**Your instructions**
Work out how many lines in the entries contain the string "shape", and give nothing but that number.

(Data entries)
+--
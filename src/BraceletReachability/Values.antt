-- ===== src/BraceletReachability/Values.antt =====
-- What src/BraceletReachability/BraceletReachability.cpp reads of LLVM's constants, values,
-- instructions and functions. A value that is no constant has an address, by which the code
-- compares values.
use bracelet.Prelude.{ℕ, Bool, Option, List}
use bracelet.Edges.Bytes.{Text}
use bracelet.Edges.Symbols.{GlobalValue}

-- `compound` is a `ConstantExpr` or a `ConstantAggregate` with its name, if any, and its operands;
-- `ignored` a `ConstantData`, `BlockAddress`, `NoCFIValue`, `DSOLocalEquivalent` or
-- `ConstantPtrAuth`.
mutual
  pub data Constant : Type 0 where
    global_value : GlobalValue → Constant
    compound : Option Text → Operands → Constant
    ignored : Constant
    unknown_constant : Constant

  pub data Operands : Type 0 where
    end : Operands
    operand : Constant → Operands → Operands
    non_constant : Operands → Operands

-- An instruction or an argument: its name, what `printAsOperand` prints, and, for an instruction,
-- what its stable debug location prints.
pub record Local : Type 0 where
  pub address : ℕ
  pub name : Option Text
  pub operand_text : Text
  pub debug_loc : Option Text

pub data Value : Type 0 where
  constant : Constant → Value
  local_value : Local → Value
  inline_asm : Value
  unknown_value : Value

-- `getCalledFunction()`: one of the four functions of the tracing runtime, or one with a name.
pub data CalledFunction : Type 0 where
  trace_tag_allocation trace_word trace_alloca_allocate trace_alloca_free : CalledFunction
  function : Text → CalledFunction

pub data IntrinsicId : Type 0 where
  not_intrinsic vastart vacopy vaend memmove memcpy other_intrinsic : IntrinsicId

pub record FunctionType : Type 0 where
  pub returns_void : Bool
  pub is_var_arg : Bool
  pub num_params : ℕ

-- `has_label_scope` tells whether the call has a debug location, or its function a subprogram.
pub record CallBase : Type 0 where
  pub is_inline_asm : Bool
  pub called_function : Option CalledFunction
  pub callee_name : Text
  pub intrinsic_id : IntrinsicId
  pub called_operand : Value
  pub function_type : FunctionType
  pub arg_operands : List Value
  pub is_indirect_call : Bool
  pub has_label_scope : Bool

-- One constructor for each class of instruction that has a visitor; a static `alloca` has the size
-- of its allocation.
pub data Operation : Type 0 where
  alloca : Option ℕ → Operation
  store : Value → Value → Operation
  load : Value → Operation
  atomic_cmp_xchg : Value → Value → Operation
  atomic_rmw : Value → Value → Operation
  get_element_ptr : Value → Operation
  phi_node : List Value → Operation
  ptr_to_int : Value → Operation
  int_to_ptr : Value → Operation
  bit_cast : Value → Operation
  addr_space_cast : Value → Operation
  select : Value → Value → Operation
  va_arg : Operation
  extract_element : Value → Operation
  insert_element : Value → Value → Operation
  shuffle_vector : Value → Value → Operation
  extract_value : Value → Operation
  insert_value : Value → Value → Operation
  freeze : Value → Operation
  return_value : Option Value → Operation
  cast_value : Value → Operation
  unary_operator : Value → Operation
  binary_operator : Value → Value → Operation
  call_base : CallBase → Operation
  other_operation : Operation

pub record Instruction : Type 0 where
  pub self : Local
  pub operation : Operation

-- The type of a value, as far as tracing reads it: the bytes that a store of it writes, and the bits
-- of an integer type.
pub record ValueType : Type 0 where
  pub is_pointer : Bool
  pub integer_bits : Option ℕ
  pub store_size : ℕ
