-- ===== src/BraceletReachability/Constants.antt =====
-- `nameWithLocation`, `freshLocalForValue`, `MultiConstantNodeBuilder` and `constantNode` of
-- src/BraceletReachability/BraceletReachability.cpp. The two writers stand together, since a
-- `FunctionWriter` refers to its `GraphWriter`.
pub mod Later
pub mod Flow
pub mod Reached
pub mod Silent
use bracelet.Prelude.{
  ℕ, Bool, true, false, Option, none, some, List, [], ◌∷◌, ◌++◌, Result, ok, err, assertion, ◌>>=◌,
  if◌then◌else◌,
}
use bracelet.Edges.Bytes.{Text}
use bracelet.Edges.Node.{Node, empty, of_symbol, is_set}
use bracelet.Edges.Kind.{Kind, Label, shape, make_edge, assign}
use bracelet.Edges.Symbols.{GlobalValue}
use bracelet.Edges.Writer.{FunctionWriter, GraphWriter, fresh_local, graph_symbol, add_edge}
use bracelet.BraceletReachability.Values.{
  Constant, global_value, compound, ignored, unknown_constant, Operands, end, operand, non_constant,
  Local,
}

pub record Writers : Type 0 where
  pub function : FunctionWriter
  pub graph : GraphWriter

-- `FW.freshLocal(name)`
unfoldable pub fresh : Text → Writers → Result (Node × Writers)
fresh name w = do
  (n, fw, gw) ← fresh_local name w.function w.graph
  ok (n, record { function = fw; graph = gw })

-- `FW.getGraphWriter().symbol(gv)`
unfoldable pub symbol_node : GlobalValue → Writers → Result (Node × Writers)
symbol_node gv w = do (n, gw) ← graph_symbol gv w.graph; ok (n, record w { graph = gw })

-- `FW.thisFunction()`
unfoldable pub this_function : Writers → Result Node
this_function w = of_symbol w.function.this_symbol_idx

-- `FW.addEdge(edges::Kind(to, from, label))`
unfoldable pub push : (k : Kind) → Node → Node → Label (shape k) → Writers → Result Writers
push k to from label w = do
  e ← make_edge (shape k) to from label
  fw ← add_edge k e w.function
  ok (record w { function = fw })

unfoldable pub name_with_location : Bool → Local → Text → Text
name_with_location no_include_debug_data i local_name =
    if no_include_debug_data
    then []
    else (elim i.debug_loc [ none ↦ [] | some text ↦ text ])
      ++ 124 ∷ (elim local_name [ [] ↦ i.operand_text | c ∷ cs ↦ c ∷ cs ])

-- The name that `freshLocalForValue` gives its local.
unfoldable pub local_name_of : Bool → Local → Text
unfolding name_with_location
local_name_of no_include_debug_data v = elim v.debug_loc [
  | some loc ↦
      name_with_location no_include_debug_data v (elim v.name [ none ↦ [] | some name ↦ name ])
  | none ↦ elim v.name [
    | some name ↦ name
    | none ↦ if no_include_debug_data then [] else v.operand_text
  ]
]

unfoldable pub fresh_local_for_value : Bool → Local → Writers → Result (Node × Writers)
fresh_local_for_value no_include_debug_data v w = fresh (local_name_of no_include_debug_data v) w

-- `MultiConstantNodeBuilder`, without its writer and its parent.
pub record Builder : Type 0 where
  pub fresh_node_created : Bool
  pub out : Node

abbrev pub new_builder : Builder
new_builder = record { fresh_node_created = false; out = empty }

abbrev pub bracelet_constant : Text
bracelet_constant =
    60 ∷ 98 ∷ 114 ∷ 97 ∷ 99 ∷ 101 ∷ 108 ∷ 101 ∷ 116 ∷ 32 ∷ 99 ∷ 111 ∷ 110 ∷ 115 ∷ 116 ∷ 97 ∷ 110
    ∷ 116 ∷ 62 ∷ []

abbrev pub parent_name : Option Text → Text
parent_name none = bracelet_constant
parent_name (some name) = name

-- The node that stands for the whole, made on the second node that is added.
unfoldable pub make_fresh : Option Text → Builder → Writers → Result (Builder × Writers)
unfolding shape
make_fresh parent b w = if b.fresh_node_created then ok (b, w) else do
  (out, w₁) ← fresh (parent_name parent) w
  w₂ ← push assign out b.out tt w₁
  ok (record { fresh_node_created = true; out = out }, w₂)

-- `MultiConstantNodeBuilder::add`, of a node that is set and of any node.
unfoldable pub add_set : Option Text → Node → Builder → Writers → Result (Builder × Writers)
unfolding shape
add_set parent n b w =
    if is_set b.out
    then (do (b₁, w₁) ← make_fresh parent b w; w₂ ← push assign b₁.out n tt w₁; ok (b₁, w₂))
    else ok (record b { out = n }, w)

unfoldable pub add_node : Option Text → Node → Builder → Writers → Result (Builder × Writers)
add_node parent n b w = if is_set n then add_set parent n b w else ok (b, w)

-- `constantNode`, which may return a null node, and its loop over the operands.
unfoldable mutual
  pub constant_node : Constant → Writers → Result (Node × Writers)
  constant_node (global_value gv) w = symbol_node gv w
  constant_node (compound name operands) w = do
    (b, w₁) ← add_operands name operands new_builder w
    ok (b.out, w₁)
  constant_node ignored w = ok (empty, w)
  constant_node unknown_constant w = err assertion

  pub add_operands : Option Text → Operands → Builder → Writers → Result (Builder × Writers)
  add_operands parent end b w = ok (b, w)
  add_operands parent (operand c rest) b w = do
    (n, w₁) ← constant_node c w
    (b₁, w₂) ← add_node parent n b w₁
    add_operands parent rest b₁ w₂
  add_operands parent (non_constant rest) b w = err assertion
+--
**Written response**
5